ATTOM: Foreclosure Activity Falls to Record Low
ATTOM, Irvine, Calif., released its Year-End 2021 U.S. Foreclosure Market Report, which shows foreclosure filings fell to their lowest level since 2005.
ATTOM reported foreclosure filings on 151,153 U.S. properties in 2021, down by 29 percent from 2020 and down 95 percent from a peak of nearly 2.9 million in 2010, to the lowest level since tracking began in 2005. Those properties represented 0.11 percent of all U.S. housing units, down from 0.16 percent in 2020 and down from a peak of 2.23 percent in 2010.
“The COVID-19 foreclosure tsunami that some people had anticipated is clearly not happening,” said Rick Sharga, executive vice president at RealtyTrac, an ATTOM company. “Government and mortgage industry efforts have prevented millions of unnecessary foreclosures, and while it’s likely that we’ll see a slight increase in the first quarter, we probably won’t see foreclosure activity back to normal levels before the end of 2022.”
The report also noted 17,971 U.S. properties with foreclosure filings in December, down 8 percent from the previous month but up 65 percent from a year ago.
The report said lenders repossessed 25,662 properties through foreclosure in 2021, down 49 percent from 2020 and down 98 percent from a peak of 1,050,500 in 2010, to the lowest level as far back as data is available — 2006.

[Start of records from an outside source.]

-- ===== src/Failover/Session/Climbs.antt =====
-- Which rounds a failover session sends the node (src/failover/session.rs, serve_failover).
use hypersync.Prelude.{
  Climbs, Climbs-le, ℕ, zero, suc, ◌<◌, ◌≡◌, refl, ap, inl, inr, Option, List, [], ◌∷◌, ◌++◌,
  u32_max, Option-cases, arith,
}
use hypersync.Maps.{lookup}
use hypersync.Maps.Entries.{AllEntries-remove}
use hypersync.Failover.Core
use hypersync.Failover.Core.{
  Core, StandbyVerdict, ok, mismatch, on_active_block, on_standby_block, touch, record_forwarded,
  settle_standbys,
}
use hypersync.Failover.Session.{
  Session, Outcome, stay, queue_frames, send_frames, drop_upstream, drop_known, drop_bads,
}
use hypersync.Failover.Session.Kept.{IsKept, AllKept}
use hypersync.Failover.Session.Replayed.{block_rounds}

module _ (classify : List ℕ → Option (ℕ × ℕ × ℕ)) where
  -- The core's upstreams are kept and its tip is below `u32::MAX`.
  pub record IsSound (c : Core) : Type 0 where
    pub kept : AllKept classify c.ups
    pub small : c.last_forwarded < u32_max

  -- An outcome of a state whose tip was `low`.
  pub record IsFine (low : ℕ) (o : Outcome) : Type 0 where
    pub sound : IsSound o.session.core
    pub climbs : Climbs low (block_rounds classify o.sent) o.session.core.last_forwarded

  pub block_rounds-append :
      (a b : List (List ℕ))
      → block_rounds classify (a ++ b) ≡ block_rounds classify a ++ block_rounds classify b
  block_rounds-append [] b = refl
  block_rounds-append (bytes ∷ a) b =
      let rest = block_rounds-append a b in
      elim (Option-cases (classify bytes)) [
        | inl other ↦ rw other rest
        | inr ((round, parent, hash), e) ↦ rw e (ap (λ t. round ∷ t) rest)
      ]

  pub queue_frames-Climbs :
      (room low high : ℕ) (frames : List (List ℕ))
      → Climbs low (block_rounds classify frames) high
      → Climbs low (block_rounds classify (queue_frames room frames).0) high
  unfolding queue_frames
  queue_frames-Climbs room low high [] h = h
  queue_frames-Climbs zero low high (bytes ∷ frames) h = Climbs-le low high _ h
  queue_frames-Climbs (suc room) low high (bytes ∷ frames) h =
      elim (Option-cases (classify bytes)) [
        | inl other ↦ rw other (queue_frames-Climbs room low high frames (rw other at h))
        | inr ((round, parent, hash), e) ↦
            let h' : (low < round) × Climbs round (block_rounds classify frames) high = rw e at h in
            rw e (h'.0, queue_frames-Climbs room round high frames h'.1)
      ]

  pub send_frames-IsFine :
      (room low : ℕ) (frames : List (List ℕ)) (s : Session)
      → IsSound s.core
      → Climbs low (block_rounds classify frames) s.core.last_forwarded
      → IsFine low (send_frames room frames s)
  unfolding send_frames
  send_frames-IsFine room low frames s sound h = record {
    sound = sound;
    climbs = queue_frames-Climbs room low s.core.last_forwarded frames h;
  }

  -- A sound state whose tip is `n`.
  abbrev pub At : ℕ → Session → Type 0
  At n s = IsSound s.core × (s.core.last_forwarded ≡ n)

  pub stay-IsFine : (n : ℕ) (s : Session) → At n s → IsFine n (stay s)
  stay-IsFine n s (sound, tip) = record { sound = sound; climbs = omega arith }

  pub remove-IsSound : (id : ℕ) (c : Core) → IsSound c → IsSound (Core.remove id c).0
  unfolding Core.remove
  remove-IsSound id c h = record {
    kept = AllEntries-remove (λ id u. IsKept classify u) id c.ups h.kept;
    small = h.small;
  }

  pub drop_upstream-At : (n id until : ℕ) (s : Session) → At n s → At n (drop_upstream id until s)
  unfolding drop_upstream Core.remove
  drop_upstream-At n id until s (sound, tip) = (remove-IsSound id s.core sound, tip)

  pub drop_bads-At :
      (n until : ℕ) (bads : List (ℕ × ℕ)) (s : Session) → At n s → At n (drop_bads bads until s)
  unfolding drop_bads
  drop_bads-At n until [] s h = h
  drop_bads-At n until ((id, r) ∷ bads) s h =
      drop_bads-At n until bads (drop_upstream id until s) (drop_upstream-At n id until s h)

  pub drop_known-At : (n id until : ℕ) (s : Session) → At n s → At n (drop_known id until s)
  unfolding drop_known
  drop_known-At n id until s h = elim (Option-cases (lookup id s.core.ups)) [
    | inl absent ↦ rw (absent, drop_known) h
    | inr found ↦ rw (found.1, drop_known) (drop_upstream-At n id until s h)
  ]

  pub touch-tip : (id at : ℕ) (c : Core) → (touch id at c).last_forwarded ≡ c.last_forwarded
  unfolding touch
  touch-tip id at c = elim (Option-cases (lookup id c.ups)) [
    | inl absent ↦ rw (absent, touch) refl
    | inr found ↦ rw (found.1, touch) refl
  ]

“We believe that repossessions will continue to be lower than normal throughout 2022,” Sharga noted. “Homeowners have a record amount of equity – over $23 trillion – and over 87 percent of homeowners in foreclosure have positive equity. This means that most borrowers will have an opportunity to sell their house at a profit rather than lose everything to a foreclosure auction.”

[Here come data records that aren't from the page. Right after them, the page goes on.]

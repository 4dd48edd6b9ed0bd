-- ===== src/Failover/Session/Handled.antt =====
-- What a failover session sends the node for each frame (src/failover/session.rs): its rounds climb.
use hypersync.Prelude.{
  ℕ, ◌+◌, ◌<◌, ◌≡◌, refl, ◌⊎◌, inl, inr, Bool, true, false, ◌&&◌, not, Option, none, some, List, [],
  ◌∷◌, leb, ◌==◌, if◌then◌else◌, u32_max, Bool-cases, Option-cases, arith,
}
use hypersync.Maps.{lookup}
use hypersync.Protocol.Rounds.{is_plausible_mainnet_round}
use hypersync.Push.Progress.{on_round}
use hypersync.Failover.Core.{
  Core, StandbyVerdict, ok, mismatch, on_active_block, on_standby_block, touch, record_forwarded,
  settle_standbys,
}
use hypersync.Failover.Session.{
  Outside, Session, stay, send_frames, drop_upstream, mark_dead, is_some, bad_peer_cooldown,
}
use hypersync.Failover.Session.Kept.{on_active_block-AllKept, on_standby_block-AllKept}
use hypersync.Failover.Session.Blocks.{
  forward_active_block, on_active_round, on_standby_round, on_block, on_control, on_frame,
  on_prefetched, is_bad_round,
}
use hypersync.Failover.Session.Climbs.{
  IsSound, IsFine, At, stay-IsFine, send_frames-IsFine, drop_upstream-At, drop_bads-At,
  drop_known-At, touch-tip,
}

-- The round of a frame is not `u32::MAX`, if the frame is a live block.
abbrev pub IsSmall : Option (ℕ × ℕ × ℕ) → Type 0
IsSmall none = Unit
IsSmall (some (round, _, _)) = round < u32_max

module _ (classify : List ℕ → Option (ℕ × ℕ × ℕ)) where
  -- A block of the active is not forwarded and leaves the tip, or is and is the tip, above the last.
  on_active_block-tip :
      (round hash at : ℕ) (c : Core)
      → 0 < round
      → (((on_active_block round hash at c).1.0 ≡ false)
          × ((on_active_block round hash at c).0.last_forwarded ≡ c.last_forwarded))
        ⊎ (((on_active_block round hash at c).1.0 ≡ true)
            × ((on_active_block round hash at c).0.last_forwarded ≡ round)
            × (c.last_forwarded < round))
  unfolding on_active_block settle_standbys record_forwarded
  on_active_block-tip round hash at c pos =
      let d : Core = touch c.active at c in
      let t : d.last_forwarded ≡ c.last_forwarded = touch-tip classify c.active at c in
      elim (Bool-cases (not (d.last_forwarded == 0) && leb round d.last_forwarded)) [
        | inl old ↦ rw old (inl (refl, t))
        | inr fresh ↦ rw fresh (inr (refl, refl, ground arith))
      ]

  on_active_block-IsSound :
      (round hash at : ℕ) (c : Core)
      → 0 < round
      → round < u32_max
      → IsSound classify c
      → IsSound classify (on_active_block round hash at c).0
  on_active_block-IsSound round hash at c pos small h = record {
    kept = on_active_block-AllKept classify round hash at c h.kept;
    small =
        (let low : c.last_forwarded < u32_max = h.small in
          elim (on_active_block-tip round hash at c pos) [
            | inl (f, t) ↦ omega arith
            | inr (f, t, lt) ↦ omega arith
          ]);
  }

  -- The tip moved to `round`, or did not move, as the block was forwarded or not.
  forwarded-IsFine :
      (fwd : Bool) (room low round : ℕ) (bytes : List ℕ) (parent hash : ℕ) (s : Session)
      → classify bytes ≡ some (round, parent, hash)
      → IsSound classify s.core
      → ((fwd ≡ false) × (s.core.last_forwarded ≡ low))
        ⊎ ((fwd ≡ true) × (s.core.last_forwarded ≡ round) × (low < round))
      → IsFine classify low (if fwd then send_frames room (bytes ∷ []) s else stay s)
  forwarded-IsFine fwd room low round bytes parent hash s e sound (inl (f, t)) =
      rw f (stay-IsFine classify low s (sound, t))
  forwarded-IsFine fwd room low round bytes parent hash s e sound (inr (f, t, lt)) =
      rw f (send_frames-IsFine classify room low (bytes ∷ []) s sound (rw e (lt, omega arith)))

  plausible : (round tip : ℕ) → is_plausible_mainnet_round round tip ≡ true → 0 < round
  unfolding is_plausible_mainnet_round
  plausible round tip h = ground arith

  plausible_pos : (round tip : ℕ) → is_bad_round round tip ≡ false → 0 < round
  plausible_pos round tip h = plausible round tip (ground arith)

  pub mark_dead-At : (n now : ℕ) (s : Session) → At classify n s → At classify n (mark_dead now s)
  unfolding mark_dead
  mark_dead-At n now s h = h

  on_standby_block-tip :
      (id round parent hash at : ℕ) (bytes : List ℕ) (c : Core)
      → (on_standby_block id round parent hash at bytes c).0.last_forwarded ≡ c.last_forwarded
  unfolding on_standby_block
  on_standby_block-tip id round parent hash at bytes c = elim (Option-cases (lookup id c.ups)) [
    | inl absent ↦ rw (absent, on_standby_block) refl
    | inr (u, found) ↦ elim (Bool-cases (leb round c.last_forwarded)) [
      | inl old ↦ rw (found, on_standby_block, old) refl
      | inr fresh ↦ rw (found, on_standby_block, fresh) refl
    ]
  ]

  forward_active_block-IsFine :
      (bytes : List ℕ) (round parent hash at : ℕ) (env : Outside) (s : Session)
      → classify bytes ≡ some (round, parent, hash)
      → round < u32_max
      → 0 < round
      → IsSound classify s.core
      → IsFine classify s.core.last_forwarded (forward_active_block bytes round hash at env s)
  unfolding forward_active_block
  forward_active_block-IsFine bytes round parent hash at env s e small pos sound =
      let low : ℕ = s.core.last_forwarded in
      let x : Core × (Bool × List (ℕ × ℕ)) = on_active_block round hash at s.core in
      let until : ℕ = env.now + bad_peer_cooldown in
      let (kept, tip) =
        drop_bads-At classify x.0.last_forwarded until x.1.1 (record s { core = x.0 })
          (on_active_block-IsSound round hash at s.core pos small sound, refl) in
      elim (Bool-cases (leb round env.live_floor)) [
        | inl under ↦ rw under (stay-IsFine classify low s (sound, refl))
        | inr over ↦ rw over (
            forwarded-IsFine x.1.0 env.room low round bytes parent hash _ e kept
              (rw tip (on_active_block-tip round hash at s.core pos)))
      ]

  on_active_round-IsFine :
      (bytes : List ℕ) (round parent hash at : ℕ) (env : Outside) (s : Session)
      → classify bytes ≡ some (round, parent, hash)
      → round < u32_max
      → 0 < round
      → IsSound classify s.core
      → IsFine classify s.core.last_forwarded (on_active_round bytes round hash at env s)
  unfolding on_active_round mark_dead
  on_active_round-IsFine bytes round parent hash at env s e small pos sound =
      elim (Bool-cases (is_some s.active_dead)) [
        | inl dead ↦ rw dead (stay-IsFine classify _ s (sound, refl))
        | inr alive ↦ elim (Option-cases (on_round round at s.progress)) [
          | inl jump ↦ rw (alive, jump) (stay-IsFine classify _ (mark_dead env.now s) (sound, refl))
          | inr (p, fits) ↦
              rw (alive, fits)
                (forward_active_block-IsFine bytes round parent hash at env
                  (record s { progress = p }) e small pos sound)
        ]
      ]

  on_standby_round-At :
      (id : ℕ) (bytes : List ℕ) (round parent hash at : ℕ) (env : Outside) (s : Session)
      → classify bytes ≡ some (round, parent, hash)
      → round < u32_max
      → IsSound classify s.core
      → IsFine classify s.core.last_forwarded (on_standby_round id bytes round parent hash at env s)
  unfolding on_standby_round
  on_standby_round-At id bytes round parent hash at env s e small sound =
      go (on_standby_block id round parent hash at bytes s.core).1
    where
      n : ℕ
      n = s.core.last_forwarded

      t : Session
      t = record s { core = (on_standby_block id round parent hash at bytes s.core).0 }

      kept : At classify n t
      kept =
          let tip = on_standby_block-tip id round parent hash at bytes s.core in
          let low : s.core.last_forwarded < u32_max = sound.small in
          (
            record {
              kept =
                  on_standby_block-AllKept classify id round parent hash at bytes s.core (e, small)
                    sound.kept;
              small = omega arith;
            },
            tip,
          )

      go :
          (v : StandbyVerdict)
          → IsFine classify n (elim v [
            | ok ↦ stay t
            | mismatch r ↦ stay (drop_upstream id (env.now + bad_peer_cooldown) t)
          ])
      go ok = stay-IsFine classify n t kept
      go (mismatch r) = stay-IsFine classify n _ (drop_upstream-At classify n id _ t kept)

  on_block-IsFine :
      (id : ℕ) (bytes : List ℕ) (round parent hash at : ℕ) (env : Outside) (s : Session)
      → classify bytes ≡ some (round, parent, hash)
      → round < u32_max
      → IsSound classify s.core
      → IsFine classify s.core.last_forwarded (on_block id bytes round parent hash at env s)
  unfolding on_block
  on_block-IsFine id bytes round parent hash at env s e small sound =
      let n : ℕ = s.core.last_forwarded in
      elim (Bool-cases (is_bad_round round env.net_tip)) [
        | inl bad ↦ elim (Bool-cases (id == s.core.active)) [
          | inl own ↦
              rw (bad, own) (stay-IsFine classify n _ (mark_dead-At n env.now s (sound, refl)))
          | inr other ↦
              rw (bad, other)
                (stay-IsFine classify n _ (drop_known-At classify n id _ s (sound, refl)))
        ]
        | inr fair ↦
            let pos : 0 < round = plausible_pos round env.net_tip fair in
            elim (Bool-cases (id == s.core.active)) [
              | inl own ↦
                  rw (fair, own)
                    (on_active_round-IsFine bytes round parent hash at env s e small pos sound)
              | inr other ↦
                  rw (fair, other)
                    (on_standby_round-At id bytes round parent hash at env s e small sound)
            ]
      ]

  on_control-IsFine :
      (id : ℕ) (bytes : List ℕ) (env : Outside) (s : Session)
      → classify bytes ≡ none
      → IsSound classify s.core
      → IsFine classify s.core.last_forwarded (on_control id bytes env s)
  unfolding on_control
  on_control-IsFine id bytes env s e sound =
      let n : ℕ = s.core.last_forwarded in
      elim (Bool-cases (id == s.core.active)) [
        | inr other ↦ rw other (stay-IsFine classify n s (sound, refl))
        | inl own ↦ elim (Bool-cases (is_some s.active_dead)) [
          | inl dead ↦ rw (own, dead) (stay-IsFine classify n s (sound, refl))
          | inr alive ↦
              rw (own, alive)
                (send_frames-IsFine classify env.room n (bytes ∷ []) s sound (rw e (omega arith)))
        ]
      ]

  pub on_frame-IsFine :
      (id : ℕ) (bytes : List ℕ) (at : ℕ) (env : Outside) (s : Session)
      → IsSmall (classify bytes)
      → IsSound classify s.core
      → IsFine classify s.core.last_forwarded (on_frame classify id bytes at env s)
  unfolding on_frame
  on_frame-IsFine id bytes at env s fits sound = elim (Option-cases (lookup id s.lives)) [
    | inl gone ↦ rw (gone, on_frame) (stay-IsFine classify _ s (sound, refl))
    | inr (slot, live) ↦ elim (Option-cases (classify bytes)) [
      | inl control ↦ rw (live, on_frame, control) (on_control-IsFine id bytes env s control sound)
      | inr ((round, parent, hash), e) ↦
          let small : round < u32_max = rw e at fits in
          rw (live, on_frame, e) (on_block-IsFine id bytes round parent hash at env s e small sound)
    ]
  ]

  pub on_prefetched-IsFine :
      (bytes : List ℕ) (env : Outside) (s : Session)
      → IsSmall (classify bytes)
      → IsSound classify s.core
      → IsFine classify s.core.last_forwarded (on_prefetched classify bytes env s)
  unfolding on_prefetched
  on_prefetched-IsFine bytes env s fits sound =
      let n : ℕ = s.core.last_forwarded in
      elim (Option-cases (classify bytes)) [
        | inl control ↦
            rw (control, on_prefetched)
              (send_frames-IsFine classify env.room n (bytes ∷ []) s sound
                (rw control (omega arith)))
        | inr ((round, parent, hash), e) ↦
            let small : round < u32_max = rw e at fits in
            elim (Bool-cases (is_plausible_mainnet_round round env.net_tip)) [
              | inr wild ↦
                  rw (e, on_prefetched, wild) (record { sound = sound; climbs = omega arith })
              | inl fair ↦ elim (Option-cases (on_round round env.now s.progress)) [
                | inl jump ↦
                    rw (e, on_prefetched, fair, jump)
                      (record { sound = sound; climbs = omega arith })
                | inr (p, next) ↦ elim (Bool-cases (leb round env.live_floor)) [
                  | inl under ↦
                      rw (e, on_prefetched, fair, next, under)
                        (stay-IsFine classify n (record s { progress = p }) (sound, refl))
                  | inr over ↦
                      let pos : 0 < round = plausible round env.net_tip fair in
                      let x : Core × (Bool × List (ℕ × ℕ)) =
                        on_active_block round hash env.now s.core in
                      rw (e, on_prefetched, fair, next, over)
                        (forwarded-IsFine x.1.0 env.room n round bytes parent hash
                          (record s { progress = p; core = x.0 }) e
                          (on_active_block-IsSound round hash env.now s.core pos small sound)
                          (on_active_block-tip round hash env.now s.core pos))
                ]
              ]
            ]
      ]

States that saw the greatest number of REOs in 2021 included Illinois (3,472); Florida (2,287); California (1,839); Pennsylvania (1,293); and Texas (1,236). Metropolitan statistical areas with a population greater than 1 million that saw the greatest number of REOs in 2021 included Chicago (1,733); St. Louis (1,255); New York City (814); Baltimore; and Philadelphia (571 each).
Other report findings:
–Lenders started the foreclosure process on 92,346 U.S. properties in 2021, down 30 percent from 2020 and down 96 percent from a peak of 2,139,005 in 2009, to a record low.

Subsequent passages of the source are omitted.